Data dependencies: Constraints that are functional dependencies or multivalued dependencies.
Domain Constraints
A domain constraint specifies that within each tuple, the value of each attribute A must be an atomic value from the domain dom(A).
Key Constraints and Constraints on NULL Values
A relation is defined as a set of tuples. All tuples in a relation must be distinct, meaning that no two tuples can have the same combination of values for all attributes.
A superkey (SK) specifies a uniqueness constraint such that no two distinct tuples in any state of relation R can have the same value for SK.
Every relation has at least one default superkey — the set of all its attributes.
A key (K) of a relation schema R is a superkey with the additional property that removing any attribute A from K results in a set of attributes that is no longer a superkey.
A key satisfies two properties:
Uniqueness: Two distinct tuples in any state of the relation cannot have identical values for all attributes in the key. This also applies to a superkey.

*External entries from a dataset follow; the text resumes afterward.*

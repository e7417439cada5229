-- ===== src/Driver.antt =====
-- "Efficient Mallocs"/mdriver.c: the records of a trace, the list of live payloads, and the check of
-- an allocator on a trace. The allocator is a parameter: `mm.h`, with the heap that it works on.
pub mod Ranges
pub mod Trace
pub mod Payloads
pub mod Pairs
pub mod Session
pub mod Run
pub mod Util
pub mod Peak
pub mod Valid
mod Tests
use operating_system_basics.Base.{
  ℕ, zero, suc, ◌+◌, ◌-◌, ◌*◌, ◌/◌, ◌%◌, ◌^◌, Bool, true, false, not, ◌&&◌, ◌||◌, Option, none,
  some, List, [], ◌∷◌, ◌==◌, ltb, leb, if◌then◌else◌, set, get_elem?,
}

-- `range_t`, without its link.
pub record Range : Type 0 where
  pub lo : ℕ
  pub hi : ℕ

abbrev pub alignment : ℕ
alignment = 8

-- The test of a payload against another one.
abbrev pub overlaps : ℕ → ℕ → Range → Bool
overlaps lo hi p = (leb p.lo lo && leb lo p.hi) || (leb p.lo hi && leb hi p.hi)

pub any_overlap : ℕ → ℕ → List Range → Bool
any_overlap lo hi [] = false
any_overlap lo hi (p ∷ ranges) = overlaps lo hi p || any_overlap lo hi ranges

-- `add_range` in a heap from `heap_lo` to `heap_hi`: the result and the list; `none` is the assertion
-- of a positive size.
pub add_range : ℕ → ℕ → List Range → ℕ → ℕ → Option (Bool × List Range)
add_range heap_lo heap_hi ranges lo size =
    let hi = lo + size - 1 in
    if size == 0
    then none
    else if not (lo % alignment == 0)
    then some (false, ranges)
    else if ltb lo heap_lo || ltb heap_hi lo || ltb hi heap_lo || ltb heap_hi hi
    then some (false, ranges)
    else if any_overlap lo hi ranges
    then some (false, ranges)
    else some (true, record { lo = lo; hi = hi } ∷ ranges)

pub remove_range : List Range → ℕ → List Range
remove_range [] lo = []
remove_range (p ∷ ranges) lo =
    let rest = remove_range ranges lo in if p.lo == lo then ranges else p ∷ rest

abbrev pub clear_ranges : List Range → List Range
clear_ranges ranges = []

-- `traceop_t`: the index, and the size of a request for memory.
pub data TraceOp : Type 0 where
  alloc_op : ℕ → ℕ → TraceOp
  free_op : ℕ → TraceOp
  realloc_op : ℕ → ℕ → TraceOp

-- The allocator on a heap of type `S`, and bytes in that heap. A null pointer is 0.
pub record Allocator (S : Type 0) : Type 0 where
  pub mem_reset_brk : S → S
  pub mm_init : S → Bool × S
  pub mm_malloc : ℕ → S → ℕ × S
  pub mm_realloc : ℕ → ℕ → S → ℕ × S
  pub mm_free : ℕ → S → S
  pub heap_lo : S → ℕ
  pub heap_hi : S → ℕ
  pub load : S → ℕ → ℕ
  pub memset : ℕ → ℕ → ℕ → S → S

pub record Eval (S : Type 0) : Type 0 where
  pub heap : S
  pub ranges : List Range
  pub blocks : List ℕ
  pub block_sizes : List ℕ

-- The rest of a computation, if there is a value.
unfoldable pub with_value : {A B : Type 0} → Option A → (A → Option B) → Option B
with_value none f = none
with_value (some a) f = f a

module _ {S : Type 0} (mm : Allocator S) where
  -- The end of a request for memory, after `add_range`: the test of the data, `memset` and the
  -- records of the block.
  pub fill_block : ℕ → ℕ → ℕ → (S → Bool) → Eval S → Bool × List Range → Option (Bool × Eval S)
  fill_block index p size data_kept e (false, ranges) = some (false, record e { ranges = ranges })
  fill_block index p size data_kept e (true, ranges) =
      if not (data_kept e.heap)
      then some (false, record e { ranges = ranges })
      else some (
        true,
        record {
          heap = mm.memset p (index % 256) size e.heap;
          ranges = ranges;
          blocks = set e.blocks index p;
          block_sizes = set e.block_sizes index size;
        },
      )

  pub record_block : ℕ → ℕ → ℕ → (S → Bool) → Eval S → Option (Bool × Eval S)
  record_block index p size data_kept e =
      with_value (add_range (mm.heap_lo e.heap) (mm.heap_hi e.heap) e.ranges p size)
        (fill_block index p size data_kept e)

  -- `newp[j] != (index & 0xFF)` for the first `n` bytes; a `char` is compared by its byte.
  pub holds : ℕ → ℕ → ℕ → S → Bool
  holds p byte zero s = true
  holds p byte (suc n) s = holds p byte n s && (mm.load s (p + n) == byte)

  pub realloc_block : ℕ → ℕ → Eval S → ℕ → ℕ → Option (Bool × Eval S)
  realloc_block index size e oldp oldsize =
      let (newp, heap) = mm.mm_realloc oldp size e.heap in
      let kept = if ltb size oldsize then size else oldsize in
      if newp == 0
      then some (false, record e { heap = heap })
      else record_block index newp size (holds newp (index % 256) kept)
          (record e { heap = heap; ranges = remove_range e.ranges oldp })

  -- A round of `eval_mm_valid`: `some (false, _)` is its result 0, `none` a fault.
  pub eval_op : TraceOp → Eval S → Option (Bool × Eval S)
  eval_op (alloc_op index size) e =
      let (p, heap) = mm.mm_malloc size e.heap in
      if p == 0
      then some (false, record e { heap = heap })
      else record_block index p size (λ s. true) (record e { heap = heap })
  eval_op (realloc_op index size) e =
      with_value (get_elem? e.blocks index)
        (λ oldp. with_value (get_elem? e.block_sizes index) (realloc_block index size e oldp))
  eval_op (free_op index) e =
      with_value (get_elem? e.blocks index) (λ p.
        some (true, record e { ranges = remove_range e.ranges p; heap = mm.mm_free p e.heap }))

  -- The loop goes on after the result 1 of a round.
  pub eval_loop : List TraceOp → Eval S → Option (Bool × Eval S)
  eval_loop [] e = some (true, e)
  eval_loop (op ∷ ops) e =
      with_value (eval_op op e)
        (λ r. let rest = eval_loop ops r.1 in if r.0 then rest else some (false, r.1))

  pub eval_mm_valid : List TraceOp → Eval S → Option (Bool × Eval S)
  eval_mm_valid ops e =
      let (ok, heap) = mm.mm_init (mm.mem_reset_brk e.heap) in
      let begin = record e { heap = heap; ranges = clear_ranges e.ranges } in
      let rest = eval_loop ops begin in if ok then rest else some (false, begin)
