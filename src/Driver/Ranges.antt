-- ===== src/Driver/Ranges.antt =====
-- mdriver.c: what `add_range` and `remove_range` keep true of the live payloads.
use operating_system_basics.Base.{
  ℕ, zero, suc, subst, ◌+◌, ◌-◌, ◌%◌, ◌≤◌, ◌<◌, ◌≡◌, ◌≢◌, ◌⊎◌, inl, inr, refl, sym, Bool, true,
  false, ◌&&◌, ◌||◌, Option, none, some, List, [], ◌∷◌, arith, ◌==◌, ltb, leb, All, Bool-cases,
  ltb→lt, not-ltb→le, ==_iff, ap, ◌∙◌,
}
use operating_system_basics.Driver.{
  Range, alignment, overlaps, any_overlap, add_range, remove_range,
}

-- A payload that starts at `lo` and ends at `hi` has no byte in common with an older one, or holds
-- it strictly inside: the two tests of `add_range` are on its ends.
abbrev pub ApartOrAround : ℕ → ℕ → Range → Type 0
ApartOrAround lo hi p = (hi < p.lo) ⊎ ((p.hi < lo) ⊎ ((lo < p.lo) × p.hi < hi))

-- The list of payloads, the newest first: each is aligned and has a byte, and has no byte in common
-- with an older one or holds it strictly inside.
abbrev pub Checked : List Range → Type 0
Checked [] = Unit
Checked (r ∷ ranges) =
    (r.lo % alignment ≡ 0) × r.lo ≤ r.hi × All (ApartOrAround r.lo r.hi) ranges × Checked ranges

pub or_false : (a b : Bool) → (a || b) ≡ false → (a ≡ false) × (b ≡ false)
or_false true b e = cc
or_false false b e = (refl, e)

before : (a b c : ℕ) → (leb a b && leb b c) ≡ false → b ≤ c → b < a
before a b c e h = ground arith

after : (a b c : ℕ) → (leb a b && leb b c) ≡ false → a ≤ b → c < b
after a b c e h = ground arith

overlaps-ApartOrAround : (lo hi : ℕ) (p : Range) → overlaps lo hi p ≡ false → ApartOrAround lo hi p
overlaps-ApartOrAround lo hi p e = elim (Bool-cases (ltb hi p.lo)) [
  | inl c ↦ inl (ltb→lt hi p.lo c)
  | inr c ↦ elim (Bool-cases (ltb p.hi lo)) [
    | inl d ↦ inr (inl (ltb→lt p.hi lo d))
    | inr d ↦
        let above = not-ltb→le hi p.lo c in
        let under = not-ltb→le p.hi lo d in
        let (at_lo, at_hi) = or_false (leb p.lo lo && leb lo p.hi) (leb p.lo hi && leb hi p.hi) e in
        inr (inr (before p.lo lo p.hi at_lo under, after p.lo hi p.hi at_hi above))
  ]
]

any_overlap-ApartOrAround :
    (lo hi : ℕ) (ranges : List Range)
    → any_overlap lo hi ranges ≡ false
    → All (ApartOrAround lo hi) ranges
unfolding any_overlap
any_overlap-ApartOrAround lo hi [] e = tt
any_overlap-ApartOrAround lo hi (p ∷ ranges) e =
    let (first, others) = or_false (overlaps lo hi p) (any_overlap lo hi ranges) e in
    (overlaps-ApartOrAround lo hi p first, any_overlap-ApartOrAround lo hi ranges others)

heap_bounds :
    (lo hi heap_lo heap_hi : ℕ)
    → (ltb lo heap_lo || ltb heap_hi lo || ltb hi heap_lo || ltb heap_hi hi) ≡ false
    → heap_lo ≤ lo × hi ≤ heap_hi
heap_bounds lo hi heap_lo heap_hi b = (ground arith, ground arith)

pub in_bounds :
    (lo hi heap_lo heap_hi : ℕ)
    → heap_lo ≤ lo
    → lo ≤ hi
    → hi ≤ heap_hi
    → (ltb lo heap_lo || ltb heap_hi lo || ltb hi heap_lo || ltb heap_hi hi) ≡ false
in_bounds lo hi heap_lo heap_hi a b c = ground arith

-- What `add_range` asks of a payload.
abbrev pub Acceptable : ℕ → ℕ → List Range → ℕ → ℕ → Type 0
Acceptable heap_lo heap_hi ranges lo size =
    (lo % alignment ≡ 0)
    × heap_lo ≤ lo
    × lo + size - 1 ≤ heap_hi
    × All (ApartOrAround lo (lo + size - 1)) ranges

-- The answer of `add_range`, with the list after it.
abbrev pub Answer : ℕ → ℕ → List Range → ℕ → ℕ → Bool → List Range → Type 0
Answer heap_lo heap_hi ranges lo size true after =
    (after ≡ record { lo = lo; hi = lo + size - 1 } ∷ ranges)
    × Acceptable heap_lo heap_hi ranges lo size
Answer heap_lo heap_hi ranges lo size false after =
    (after ≡ ranges) × ¬ Acceptable heap_lo heap_hi ranges lo size

not_both : (b : Bool) → b ≡ true → ¬ (b ≡ false)
not_both b e f = cc

ApartOrAround-overlaps :
    (lo hi : ℕ) (p : Range) → lo ≤ hi → ApartOrAround lo hi p → overlaps lo hi p ≡ false
ApartOrAround-overlaps lo hi p l (inl a) = ground arith
ApartOrAround-overlaps lo hi p l (inr (inl b)) = ground arith
ApartOrAround-overlaps lo hi p l (inr (inr (a, b))) = ground arith

ApartOrAround-any_overlap :
    (lo hi : ℕ) (ranges : List Range)
    → lo ≤ hi
    → All (ApartOrAround lo hi) ranges
    → any_overlap lo hi ranges ≡ false
unfolding any_overlap
ApartOrAround-any_overlap lo hi [] l h = refl
ApartOrAround-any_overlap lo hi (p ∷ ranges) l (first, others) =
    rw (ApartOrAround-overlaps lo hi p l first) (ApartOrAround-any_overlap lo hi ranges l others)

-- `add_range` comes back for a positive size. If the payload is aligned, lies in the heap, and of each
-- older payload has no byte in common with it or holds it strictly inside, `add_range` accepts it and
-- puts it on the list; and only then: otherwise it answers 0 and leaves the list as it is.
pub add_range-Answer :
    (heap_lo heap_hi : ℕ) (ranges : List Range) (lo size : ℕ)
    → 0 < size
    → (ok : Bool) × (after : List Range) × (add_range heap_lo heap_hi ranges lo size
        ≡ some (ok, after))
      × Answer heap_lo heap_hi ranges lo size ok after
unfolding add_range
add_range-Answer heap_lo heap_hi ranges lo size pos =
    let hi = lo + size - 1 in
    let sized : (size == 0) ≡ false = ground arith in
    elim (Bool-cases (lo % alignment == 0)) [
      | inr a ↦
          rw (sized, a)
            (
              false,
              ranges,
              refl,
              (refl, λ k. not_both (lo % alignment == 0) ((==_iff (lo % alignment) 0).1 k.0) a),
            )
      | inl a ↦
          elim (Bool-cases (ltb lo heap_lo || ltb heap_hi lo || ltb hi heap_lo || ltb heap_hi hi)) [
            | inl b ↦
                rw (sized, a, b)
                  (
                    false,
                    ranges,
                    refl,
                    (
                      refl,
                      λ k. not_both _ b (in_bounds lo hi heap_lo heap_hi k.1 (omega arith) k.2),
                    ),
                  )
            | inr b ↦ elim (Bool-cases (any_overlap lo hi ranges)) [
              | inl c ↦
                  rw (sized, a, b, c)
                    (
                      false,
                      ranges,
                      refl,
                      (
                        refl,
                        λ k.
                            not_both _ c (ApartOrAround-any_overlap lo hi ranges (omega arith) k.3),
                      ),
                    )
              | inr c ↦
                  rw (sized, a, b, c)
                    (
                      true,
                      _,
                      refl,
                      (
                        refl,
                        (
                          (==_iff (lo % alignment) 0).0 a,
                          (heap_bounds lo hi heap_lo heap_hi b).0,
                          (heap_bounds lo hi heap_lo heap_hi b).1,
                          any_overlap-ApartOrAround lo hi ranges c,
                        ),
                      ),
                    )
            ]
          ]
    ]

no_hi : (b : Bool) → ((b && false) || false) ≡ false
no_hi true = refl
no_hi false = refl

inside-overlap :
    (lo hi : ℕ) (ranges : List Range)
    → All (λ p. (lo < p.lo) × p.hi < hi) ranges
    → any_overlap lo hi ranges ≡ false
unfolding any_overlap
inside-overlap lo hi [] h = refl
inside-overlap lo hi (p ∷ ranges) ((a, b), h) =
    let c : leb p.lo lo ≡ false = ground arith in
    let d : leb hi p.hi ≡ false = ground arith in
    let e = inside-overlap lo hi ranges h in rw (c, d, e) (no_hi (leb p.lo hi))

-- The test misses a payload that holds each older one strictly inside: where it is aligned and lies
-- in the heap, it is accepted.
pub add_range-inside :
    (heap_lo heap_hi : ℕ) (ranges : List Range) (lo size : ℕ)
    → 0 < size
    → lo % alignment ≡ 0
    → heap_lo ≤ lo
    → lo + size - 1 ≤ heap_hi
    → All (λ p. (lo < p.lo) × p.hi < lo + size - 1) ranges
    → add_range heap_lo heap_hi ranges lo size
      ≡ some (true, record { lo = lo; hi = lo + size - 1 } ∷ ranges)
unfolding add_range
add_range-inside heap_lo heap_hi ranges lo size pos aligned low high inside =
    let hi = lo + size - 1 in
    let sized : (size == 0) ≡ false = ground arith in
    let a : (lo % alignment == 0) ≡ true = (==_iff (lo % alignment) 0).1 aligned in
    let b : (ltb lo heap_lo || ltb heap_hi lo || ltb hi heap_lo || ltb heap_hi hi) ≡ false =
      in_bounds lo hi heap_lo heap_hi low (omega arith) high in
    rw (sized, a, b, inside-overlap lo hi ranges inside) refl

ApartOrAround-kept :
    (lo hi : ℕ) (ranges : List Range) (q : ℕ)
    → All (ApartOrAround lo hi) ranges
    → All (ApartOrAround lo hi) (remove_range ranges q)
unfolding remove_range
ApartOrAround-kept lo hi [] q h = tt
ApartOrAround-kept lo hi (p ∷ ranges) q h = elim (Bool-cases (p.lo == q)) [
  | inl e ↦ rw e h.1
  | inr e ↦ rw e (h.0, ApartOrAround-kept lo hi ranges q h.1)
]

-- `remove_range` keeps the list checked.
pub remove_range-Checked :
    (ranges : List Range) (q : ℕ) → Checked ranges → Checked (remove_range ranges q)
unfolding remove_range
remove_range-Checked [] q h = tt
remove_range-Checked (p ∷ ranges) q (a, l, clear, h) = elim (Bool-cases (p.lo == q)) [
  | inl e ↦ rw e h
  | inr e ↦
      rw e (a, l, ApartOrAround-kept p.lo p.hi ranges q clear, remove_range-Checked ranges q h)
]

Answer-Checked :
    (heap_lo heap_hi : ℕ) (ranges : List Range) (lo size : ℕ) (ok : Bool) (after : List Range)
    → 0 < size
    → Checked ranges
    → Answer heap_lo heap_hi ranges lo size ok after
    → Checked after
Answer-Checked heap_lo heap_hi ranges lo size true after pos h (e, (aligned, low, high, clear)) =
    subst Checked (sym e) (aligned, omega arith, clear, h)
Answer-Checked heap_lo heap_hi ranges lo size false after pos h (e, refused) =
    subst Checked (sym e) h

none-some : (a : Bool × List Range) → none ≢ some a
none-some a e = cc

abbrev list_of : Option (Bool × List Range) → List Range
list_of none = []
list_of (some (ok, ranges)) = ranges

add_range-zero :
    (heap_lo heap_hi : ℕ) (ranges : List Range) (lo : ℕ)
    → add_range heap_lo heap_hi ranges lo 0 ≡ none
unfolding add_range
add_range-zero heap_lo heap_hi ranges lo = refl

-- So does `add_range`, whatever it answers.
pub add_range-Checked :
    (heap_lo heap_hi : ℕ) (ranges : List Range) (lo size : ℕ) (ok : Bool) (after : List Range)
    → Checked ranges
    → add_range heap_lo heap_hi ranges lo size ≡ some (ok, after)
    → Checked after
add_range-Checked heap_lo heap_hi ranges lo zero ok after h e =
    absurd (none-some (ok, after) (sym (add_range-zero heap_lo heap_hi ranges lo) ∙ e))
add_range-Checked heap_lo heap_hi ranges lo (suc size) ok after h e =
    let (ok', after', e', answer) =
      add_range-Answer heap_lo heap_hi ranges lo (suc size) (omega arith) in
    subst Checked (ap list_of (sym e' ∙ e))
      (Answer-Checked heap_lo heap_hi ranges lo (suc size) ok' after' (omega arith) h answer)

Minimality: A key is a minimal superkey; no attributes can be removed while still preserving uniqueness.
A relation schema may have more than one key. In this case, each is called a candidate key. One of them is usually designated as the primary key, typically underlined when specifying the relation.
A superkey is any set of attributes that uniquely identifies a tuple.
A candidate key is a minimal superkey.
Relational Databases and Relational Database Schemas
A relational database schema (S) is a set of relation schemas:
S = {R1, R2, R3, ..., Rm}
and a set of integrity constraints IC.
A relational database state (DB) of S is a set of relation states:
DB = {r1, r2, ..., rm}
such that each ri is a state of Ri and satisfies the integrity constraints specified in IC.
A database state that does not satisfy all constraints is called not valid.
A database state that does satisfy all constraints is called a valid state.
Integrity constraints are defined on the database schema and must hold on every valid state.
Entity Integrity, Referential Integrity, and Foreign Keys
Entity Integrity
- No primary key value can be NULL.
Referential Integrity
A referential integrity constraint is specified between two relations to maintain consistency among tuples.
A set of attributes FK in relation schema R1 is a foreign key referencing relation R2 if:
The attributes in FK have the same domain(s) as the primary key attributes PK of R2.
For any tuple t1 in the current state of R1, the value of FK either:
Occurs as the value of PK in some tuple t2 in R2, or
Is NULL.
R1 is called the referencing relation.
R2 is the referenced relation.
A foreign key can refer to the same relation it belongs to (self-referencing).
Other Types of Constraints
Semantic integrity constraints: e.g., the salary of an employee should never be more than their supervisor’s. Enforced using triggers or assertions.
State constraints: The database state must always be valid.
Transition constraints: e.g., the salary of an employee can only increase.
Update Operations, Transactions, and Dealing with Constraint Violations
Operations of the Relational Model:
Retrievals: Queries that return new relations by applying relational operators.
Updates: Modify the state of relations using:
Insert: Adds new tuples.
Delete: Removes existing tuples.
Update (Modify): Changes attribute values in existing tuples.
All operations must respect integrity constraints.
The Insert Operation
Provides attribute values for a new tuple t in relation R. Insert can violate:
Domain constraint: If an attribute value does not match its domain.
Key constraint: If the key value already exists.
Entity integrity: If a primary key value is NULL.
Referential integrity: If a foreign key value refers to a non-existent tuple.
The Delete Operation
Can violate referential integrity if the deleted tuple is referenced by foreign keys. Possible options when this happens:
Restrict
Cascade
Set null / Set default
The Update Operation
Used to modify attribute values in one or more tuples of a relation R.
Must specify a condition to identify tuples to update.
Must ensure no integrity constraints are violated.